Following the above discussion, multicriteria decision-making is performed by three criteria: cost, urgency, and accuracy. First, the cost has been selected as the preferred criteria for the study, then the criterion urgency follows, and the least important measure is accuracy for the Kaštela Bay study case (Table 6). Further, applying WSM, the numerical results, which have ranked technologies for the hydrographic survey, are obtained (Table 8). The optimal technology for the Kaštela Bay study case was the UAV, with a score of 0.92. Then, with a score of 0.90 follows SDB technology as the best alternative to UAV. Additionally, it has to be noticed that the MBES technology had the lowest score of 0.53 and represents the least favorable alternative to be used for a hydrographic survey of Kaštela Bay. For other considered technologies, no evident difference has been observed.
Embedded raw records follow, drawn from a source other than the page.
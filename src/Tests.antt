-- ===== src/Tests.antt =====
-- Concrete inputs on which the theorems apply.
mod Data
mod Funds
mod Policies
mod Records
mod Agents
mod Fetches
mod Tokens
mod Gates
mod Serving
mod Gateways
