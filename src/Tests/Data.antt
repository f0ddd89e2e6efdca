-- ===== src/Tests/Data.antt =====
-- The data of the examples.
use dcr.Prelude.{
  refl, ℕ, ◌+◌, ◌≡◌, ◌≢◌, Bool, true, false, [], ◌∷◌, ◌++◌, Option, none, some, arith, length, take,
  drop, ◌==◌, ◌*◌, take-append_left, drop-append_left, if◌then◌else◌,
}
use dcr.Prelude.Int64.{pos}
use dcr.Prelude.Bytes.{Bytes, codes, str_eq}
use dcr.Policy.{Policy, default_deny, Attempt, Usage, web, dcr_address}
use dcr.AgentStore.{new_memory}
use dcr.AgentStore.Calendar.{day_ns}
use dcr.Gate.X402.{Requirements}
use dcr.PayClient.{Codecs, FetchOptions, Response}
use dcr.PayClient.Fetch.{Server}
use dcr.Agent.{System, FreezeState}
use dcr.Agent.Freeze.{FreezeJson}
use dcr.Agent.Payments.{Answers}

abbrev pub alice : Bytes
alice = codes "alice"

abbrev pub bob : Bytes
bob = codes "bob"

abbrev pub address : Bytes
address = codes "DsShop"

-- A policy with a cap, budgets, a threshold and one listed address.
abbrev pub policy : Policy
policy = record {
  mode = default_deny;
  max_per_payment_atoms = pos 1000;
  daily_budget_atoms = pos 5000;
  weekly_budget_atoms = pos 20000;
  max_payments_per_hour = pos 10;
  threshold_atoms = pos 800;
  approval_ttl = pos 600;
  approval_channel = web;
  allow_domains = codes "*.shop.org" ∷ [];
  deny_domains = [];
  allow_ln_nodes = (codes "02ab", true) ∷ [];
  allow_dcr_addresses = (address, true) ∷ [];
  memo_required = true;
}

abbrev pub attempt : Attempt
attempt = record {
  tool = codes "pay_dcr_address";
  rail = codes "onchain";
  dest_kind = dcr_address;
  dest = address;
  amount_atoms = pos 500;
  memo = codes "tea";
}

abbrev pub usage : Usage
usage = record { day_atoms = pos 4000; week_atoms = pos 4000; hour_count = pos 2 }

abbrev pub noon : ℕ
noon = 20 * day_ns + 43200000000000

abbrev pub bit : Bool → ℕ
bit true = 1
bit false = 0

abbrev pub read_state : Bytes → Option FreezeState
read_state (f ∷ t ∷ n ∷ rest) =
    some (record { frozen = f == 1; at = t; by = take n rest; reason = drop n rest })
read_state _ = none

-- A codec with the laws of `encoding/json`: two numbers, the length of the name, and both texts.
pub read-write :
    (s : FreezeState) → read_state (bit s.frozen ∷ s.at ∷ length s.by ∷ (s.by ++ s.reason)) ≡ some s
read-write s = ground (arith, take-append_left s.by s.reason, drop-append_left s.by s.reason)

pub marshal-ne-nil_lem :
    (s : FreezeState) → (bit s.frozen ∷ s.at ∷ length s.by ∷ (s.by ++ s.reason)) ≢ []
marshal-ne-nil_lem s e = ground arith

abbrev pub codec : FreezeJson
codec = record {
  marshal = λ s. bit s.frozen ∷ s.at ∷ length s.by ∷ (s.by ++ s.reason);
  unmarshal = read_state;
  unmarshal-marshal = λ s. (s, read-write s, refl);
  marshal-ne-nil = λ s e. marshal-ne-nil_lem s e;
}

abbrev pub empty_system : System
empty_system = record {
  policy = policy;
  store = new_memory;
  waiting = [];
  tasks = [];
  transfers = [];
}

abbrev pub answers : Answers
answers = record {
  now = noon;
  ln_pay = some (codes "preimage", pos 1);
  onchain_send = some (codes "txid");
  approvers = (codes "web", true) ∷ [];
  random_id = codes "a1";
}

-- An entry of a challenge for a Lightning payment of 700 atoms to the node `02ab`.
abbrev pub lightning_entry : Requirements
lightning_entry = record {
  scheme = codes "exact";
  network = codes "bip122:298e";
  amount = codes "700";
  asset = codes "DCR";
  pay_to = codes "02ab";
  max_timeout_seconds = pos 60;
  extra = codes "{}";
}

-- A client whose every challenge is that entry.
abbrev pub client : Codecs
client = record {
  host = λ url. some url;
  payment_required = λ header. some (record {
    version = pos 2;
    resource = codes "/api";
    accepts = lightning_entry ∷ [];
    extensions = [];
  });
  transfer_method = λ extra. codes "lightning";
  lightning_extra =
      λ extra. some (record { invoice = codes "lndcr1"; payment_hash = codes "0909" });
  zpay_decode = λ text. some (record {
    milli_at = some 700000;
    destination = some (2 ∷ 171 ∷ []);
    payment_hash = some (9 ∷ 9 ∷ []);
    description = none;
  });
  base64_decode = λ text. none;
  encode_retry = λ retry. some retry.preimage;
  settlement = λ header. none;
  delivery = λ info. none;
}

abbrev pub options : FetchOptions
options = record {
  method = [];
  body = [];
  content_type = [];
  memo = codes "tea";
  max_amount_atoms = pos 0;
  force_legacy = false;
}

abbrev reply : ℕ → Response
reply status = record {
  status = status;
  payment_required = codes "x";
  www_authenticate = [];
  payment_response = [];
  body = codes "body";
}

-- A server that asks for payment until the request carries a proof.
abbrev pub server : Server
server n r = if str_eq r.payment_signature [] then some (reply 402) else some (reply 200)

abbrev pub shop : Bytes
shop = codes "tea.shop.org"
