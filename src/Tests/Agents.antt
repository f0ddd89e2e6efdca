-- ===== src/Tests/Agents.antt =====
-- The agent's theorems on calls to an agent with the policy of the data.
use dcr.Prelude.{◌+◌, ◌≡◌, ◌≢◌, refl, true, List, [], ◌∷◌, none, some, arith, All}
use dcr.Prelude.Int64.{pos, wrap, ◌+ℤ◌}
use dcr.Prelude.Bytes.{Bytes, Bytes-discrete, codes, lookup, insert, erase}
use dcr.GoText.{trim_space, to_lower}
use dcr.Policy.{web}
use dcr.Policy.Evaluate.{
  evaluate, check_rules, check_memo, check_destination, check_cap, check_velocity, check_budget,
  approval,
}
use dcr.AgentStore.{
  Approval, pending, new_memory, usage, record_attempt, record_payment, get_state, get_approval,
  resolve_approval, create_approval,
}
use dcr.Agent.{System, LnInvoice, Task, pay_address, pays, PayResult}
use dcr.Agent.Freeze.{freeze, not_frozen, freeze_status}
use dcr.Agent.Registry as Registry
use dcr.Agent.Registry.{resolve, notified}
use dcr.Agent.Payments.{
  write_attempt, evaluate_and_record, do_ln_pay, do_onchain_pay, exec, execute_or_escalate,
  pay_ln_invoice, pay_dcr_address,
}
use dcr.Agent.History.{
  Event, step, transfers_justified, run, new_system, pays_address, answers, runs, fetches, restarts,
}
use dcr.Agent.Justified.{TransferOk}
use dcr.Agent.Limits.{frozen_approval_pays}
use dcr.Agent.Frozen.{frozen_pays_nothing}
use dcr.Agent.Spending.{invoice_within_budget, address_within_budget, WithinBudgets}
use dcr.Tests.Data as Data
use dcr.Agent.Fetch.{run_task}
use dcr.Tests.Data.{client, options, shop, policy, codec, empty_system, noon, address}

abbrev caip2 : Bytes
caip2 = codes "bip122:298e"

abbrev frozen_system : System
frozen_system = freeze codec empty_system (codes "owner") [] noon

-- The shop is fetched from and the owner is asked to pay, while the agent is frozen.
abbrev frozen_history : List Event
frozen_history =
    fetches shop options Data.server Data.answers
    ∷ (pays_address true address (pos 500) [] Data.answers
        ∷ (answers (codes "a1") true (codes "owner") noon ∷ (restarts ∷ [])))

frozen_pays_nothing_example :
    let t = run codec client caip2 frozen_system frozen_history in
    (not_frozen codec t ≢ none)
    × (t.transfers ≡ [])
    × (t.store.payments ≡ [])
    × (t.store.attempts ≡ [])
frozen_pays_nothing_example =
    frozen_pays_nothing codec client caip2 empty_system (codes "owner") [] noon frozen_history
      (tt, (tt, (tt, (tt, tt))))

-- A payment that waits for the owner.
abbrev question : Approval
question = record {
  id = codes "a1";
  attempt_id = 1;
  channel = web;
  status = pending;
  responder = [];
  created_at = noon;
  expires_at = noon + 600;
  resolved_at = none;
}

abbrev waiting_system : System
waiting_system = record empty_system {
  store = record new_memory { approvals = (codes "a1", question) ∷ [] };
  waiting = (codes "a1", pays (pay_address 1 address (pos 900))) ∷ [];
}

frozen_approval_pays_example :
    let task : Task = record {
      continuation = pays (pay_address 1 address (pos 900));
      approved = true;
    } in
    let s2 =
      (resolve
        (freeze codec waiting_system (codes "owner") [] noon)
        (codes "a1")
        true
        (codes "owner")
        noon).1 in
    let s3 = run_task codec client caip2 s2 task Data.server Data.answers in
    (s2.tasks ≡ task ∷ [])
    × (s3.transfers ≡ record { attempt_id = 1; amount_atoms = pos 900; confirmed = true } ∷ [])
    × (not_frozen codec s3 ≢ none)
unfolding lookup Bytes-discrete get_approval
frozen_approval_pays_example =
    frozen_approval_pays codec client caip2 waiting_system (codes "a1") (codes "owner") []
      (codes "owner") (codes "txid") 1 address (pos 900) question noon Data.server Data.answers refl
      (refl, refl, omega arith) refl

abbrev receipt : PayResult
receipt = record {
  attempt_id = 1;
  payment_id = 1;
  rail = codes "onchain";
  amount_atoms = pos 500;
  fee_atoms = pos 0;
  preimage = [];
  txid = codes "txid";
}

address_within_budget_example :
    WithinBudgets empty_system noon
      (pay_dcr_address codec empty_system true address (pos 500) (codes "tea") Data.answers).1
unfolding pay_dcr_address execute_or_escalate evaluate_and_record not_frozen freeze_status get_state
    lookup evaluate check_rules check_memo check_destination check_cap check_velocity check_budget
    approval trim_space write_attempt record_attempt exec do_onchain_pay record_payment usage wrap
    ◌+ℤ◌ Bytes-discrete
address_within_budget_example =
    address_within_budget codec empty_system
      (pay_dcr_address codec empty_system true address (pos 500) (codes "tea") Data.answers).1 true
      address (pos 500) (codes "tea") Data.answers receipt (omega arith)
      (record {
        amount = omega arith;
        day = omega arith;
        week = omega arith;
        day_sum = omega arith;
        week_sum = omega arith;
      })
      refl

abbrev node : LnInvoice
node = record { amount_atoms = pos 400; destination = codes "02ab" }

abbrev ln_receipt : PayResult
ln_receipt = record {
  attempt_id = 1;
  payment_id = 1;
  rail = codes "ln";
  amount_atoms = pos 400;
  fee_atoms = pos 1;
  preimage = codes "preimage";
  txid = [];
}

invoice_within_budget_example :
    WithinBudgets empty_system noon
      (pay_ln_invoice codec empty_system
        (codes "lndcr1")
        (some node)
        (codes "tea")
        (pos 450)
        Data.answers).1
unfolding pay_ln_invoice execute_or_escalate evaluate_and_record not_frozen freeze_status get_state
    lookup evaluate check_rules check_memo check_destination check_cap check_velocity check_budget
    approval trim_space to_lower write_attempt record_attempt exec do_ln_pay record_payment usage
    wrap ◌+ℤ◌ Bytes-discrete
invoice_within_budget_example =
    invoice_within_budget codec empty_system
      (pay_ln_invoice codec empty_system (codes "lndcr1") (some node) (codes "tea") (pos 450)
        Data.answers).1
      (codes "lndcr1") node (codes "tea") (pos 450) Data.answers ln_receipt (omega arith)
      (record {
        amount = omega arith;
        day = omega arith;
        week = omega arith;
        day_sum = omega arith;
        week_sum = omega arith;
      })
      refl

-- A payment above the threshold, its approval, and the goroutine that pays it.
abbrev history : List Event
history =
    pays_address true address (pos 900) (codes "cups") Data.answers
    ∷ answers (codes "a1") true (codes "owner") noon
    ∷ runs 0 Data.server (record Data.answers { random_id = codes "a3" })
    ∷ []

transfers_justified_example :
    All
      (TransferOk (run codec client caip2 (new_system policy) history).store)
      (run codec client caip2 (new_system policy) history).transfers
unfolding new_system run step pay_dcr_address execute_or_escalate evaluate_and_record not_frozen
    freeze_status get_state get_approval lookup evaluate check_rules check_memo check_destination
    check_cap check_velocity check_budget approval trim_space write_attempt record_attempt exec
    do_onchain_pay record_payment wrap ◌+ℤ◌ Bytes-discrete usage resolve resolve_approval
    create_approval insert erase notified Registry.escalate
transfers_justified_example =
    transfers_justified codec client caip2 policy history (refl, (tt, (refl, tt)))
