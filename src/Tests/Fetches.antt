-- ===== src/Tests/Fetches.antt =====
-- The theorems on paid fetches, on a shop that asks for 700 atoms.
use dcr.Prelude.{◌≡◌, refl, true, false, List, [], ◌∷◌, none, some, arith}
use dcr.Prelude.Int64.{pos, wrap, ◌+ℤ◌}
use dcr.Prelude.Bytes.{Bytes, Bytes-discrete, codes, lookup}
use dcr.GoText.{
  trim_space, trim_left, to_lower, lower_byte, parse_int, parse_digits, equal_fold, hex_encode,
  has_suffix, cut_prefix,
}
use dcr.Policy.Domain.{match_domain, match_any}
use dcr.Policy.Evaluate.{
  evaluate, check_rules, check_memo, check_destination, check_domain, check_cap, check_velocity,
  check_budget, approval,
}
use dcr.AgentStore.{usage, record_attempt, record_payment, get_state, get_token}
use dcr.PayClient.{FetchResult}
use dcr.PayClient as PayClient
use dcr.PayClient.Challenge.{
  parse_challenge, parse_x402, first_entry, read_entry, agree, read_invoice,
}
use dcr.PayClient.Fetch as Client
use dcr.PayClient.Fetch.{
  approach, follow, ask_gate, pay_challenge, retry, proof_headers, cache_token, new_credential,
}
use dcr.Agent.Freeze.{not_frozen, freeze_status}
use dcr.Agent.Payments.{evaluate_and_record, write_attempt}
use dcr.Agent.Spending.{WithinBudgets}
use dcr.Agent.Fetch.{gate, pay, book, finish, fetch_paid}
use dcr.Agent.Fetch.Budget.{fetch_within_budget}
use dcr.Agent.Booked.{moved, booked}
use dcr.Agent.Booked.Run.{payments_match_transfers}
use dcr.Agent.History.{Event, run, new_system, fetches, pays_address}
use dcr.Tests.Data as Data
use dcr.Tests.Data.{policy, codec, client, options, server, shop, empty_system, noon, address}

abbrev caip2 : Bytes
caip2 = codes "bip122:298e"

-- A fetch that pays and a payment to an address.
abbrev history : List Event
history =
    fetches shop options server Data.answers
    ∷ pays_address true address (pos 500) (codes "tea") Data.answers
    ∷ []

payments_match_transfers_example :
    let s = run codec client caip2 (new_system policy) history in
    moved s.transfers ≡ booked s.store.payments
payments_match_transfers_example = payments_match_transfers codec client caip2 policy history

abbrev fetched : FetchResult
fetched = record {
  status = 200;
  body = codes "body";
  rail = some PayClient.x402;
  paid_atoms = pos 700;
  fee_atoms = pos 1;
  invoice = codes "lndcr1";
  preimage = codes "preimage";
  attempt_id = 1;
  token_cached = false;
}

fetch_within_budget_example :
    WithinBudgets empty_system noon
      (fetch_paid codec client caip2 empty_system shop options none server Data.answers).1
unfolding fetch_paid not_frozen freeze_status get_state lookup finish book Client.fetch_paid
    approach get_token follow parse_challenge parse_x402 first_entry read_entry agree read_invoice
    ask_gate gate evaluate_and_record evaluate check_rules check_memo check_destination check_domain
    check_cap check_velocity check_budget approval trim_space trim_left to_lower lower_byte
    write_attempt record_attempt usage pay_challenge pay retry proof_headers new_credential
    cache_token record_payment parse_int parse_digits equal_fold hex_encode wrap ◌+ℤ◌ Bytes-discrete
    match_any match_domain cut_prefix has_suffix
fetch_within_budget_example =
    fetch_within_budget codec client caip2 empty_system
      (fetch_paid codec client caip2 empty_system shop options none server Data.answers).1 shop
      options server Data.answers fetched none (omega arith)
      (λ a same. record {
        amount = ground arith;
        day = omega arith;
        week = omega arith;
        day_sum = ground arith;
        week_sum = ground arith;
      })
      refl (omega arith)
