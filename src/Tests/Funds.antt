-- ===== src/Tests/Funds.antt =====
-- The ledger's theorems on a ledger with one funded account.
use dcr.Prelude.{◌≡◌, refl, true, List, [], ◌∷◌, arith}
use dcr.Prelude.Int64.{pos, ◌≤ℤ◌, ◌+ℤ◌, ◌-ℤ◌, wrap}
use dcr.Prelude.Bytes.{Bytes-discrete, codes, lookup, insert}
use dcr.Ledger.{
  Ledger, ok, balance, grant, charge, charge_key, Call, grants, charges, run, new_memory,
}
use dcr.Ledger.Balances.{sum, IsNonneg}
use dcr.Ledger.Invariant.{run_solvent, IsValid, granted, offered}
use dcr.Ledger.Replay.{grant_once, charge_once}
use dcr.Tests.Data.{alice, bob}

abbrev funded : Ledger
funded = record {
  balances = (alice, pos 100) ∷ [];
  grants = (codes "ln:1", record { account_id = alice; amount = pos 100 }) ∷ [];
  charged = [];
}

funded-IsValid : IsValid funded
unfolding ◌+ℤ◌ sum IsNonneg
funded-IsValid = record { nonneg = ground arith; solvent = ground arith; in_range = ground arith }

abbrev history : List Call
history =
    grants alice (pos 100) (codes "ln:1")
    ∷ charges alice (pos 30) (codes "req-1")
    ∷ charges alice (pos 30) (codes "req-1")
    ∷ charges bob (pos 5) (codes "req-2")
    ∷ []

run_solvent_example :
    IsNonneg (run new_memory history).balances
    × (sum (run new_memory history).balances ≤ℤ granted (run new_memory history).grants)
unfolding offered
run_solvent_example = run_solvent history (omega arith)

grant_once_example :
    let m' = run (grant new_memory alice (pos 100) (codes "ln:1")).1 history in
    grant m' bob (pos 9) (codes "ln:1") ≡ (ok (balance m' alice, true), m')
unfolding grant balance lookup insert wrap ◌+ℤ◌ Bytes-discrete
grant_once_example =
    grant_once new_memory alice (pos 100) (codes "ln:1") (pos 100) history bob (pos 9) refl
      (omega arith)

charge_once_example :
    let m' = run (charge funded alice (pos 30) (codes "req-1")).1 history in
    charge m' alice (pos 40) (codes "req-1") ≡ (ok (balance m' alice), m')
unfolding charge charge_key balance lookup insert wrap ◌-ℤ◌ Bytes-discrete
charge_once_example =
    charge_once funded alice (pos 30) (codes "req-1") (pos 70) history (pos 40) refl
      (λ e. ground arith) (omega arith)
Furthermore, if the costs were the only decision criterion, after applying our algorithm, only the cheapest alternative would be selected as the best technology, which may not be as efficient and effective as other technologies. Hence, such an approach would represent a constraint in practice. Therefore, it is not recommended to select optimal technologies to be guided solely by cost as the only decision criterion. The time factor was also considered an important criterion in a hydrographic survey and presents the second criterion in importance and had to be included in a multi-decision optimization. Based on Table 7 from study case results, it is evident if decision-making is based on two equally important criteria, cost and urgency, then ROV, UAV, and AUV would be selected as optimal technologies. However, by such a decision, the accuracy is completely neglected. For example, suppose the time is not an issue, and the costs and accuracy are equally important in decision making. In that case, SDB will be the optimal choice for represented study case. Likewise to the above, when funds are sufficient, and urgency and accuracy are the only and equally important criteria, the optimal technology choice for Kaštela Bay would be LIDAR.

In the end, it has to be highlighted the following: parameters that represent the input to the model are the reduced binary elimination matrix and the optimization criteria. In addition, the binary matrix is obtained on the basis of available data of the survey area (Table 1) and available technologies (e.g., Table 3). Further, optimization criteria are determined based on the financial budget, the time available, and the desired level of accuracy. Finally, all mentioned elements in the matrix and optimization criterion are filled by a hydrographer using the proposed methodology and available data.

Future research direction includes other multi-decision methods that could be investigated on this subject. Additionally, it is necessary to compare them to conclude on the most appropriate.

Further, the limitations of the proposed method should be mentioned. For example, the financial budget of some countries does not allow consideration of more than two/three technologies. In addition, it has to be noted that, currently, that from the available literature, there are no similar developed algorithms at present.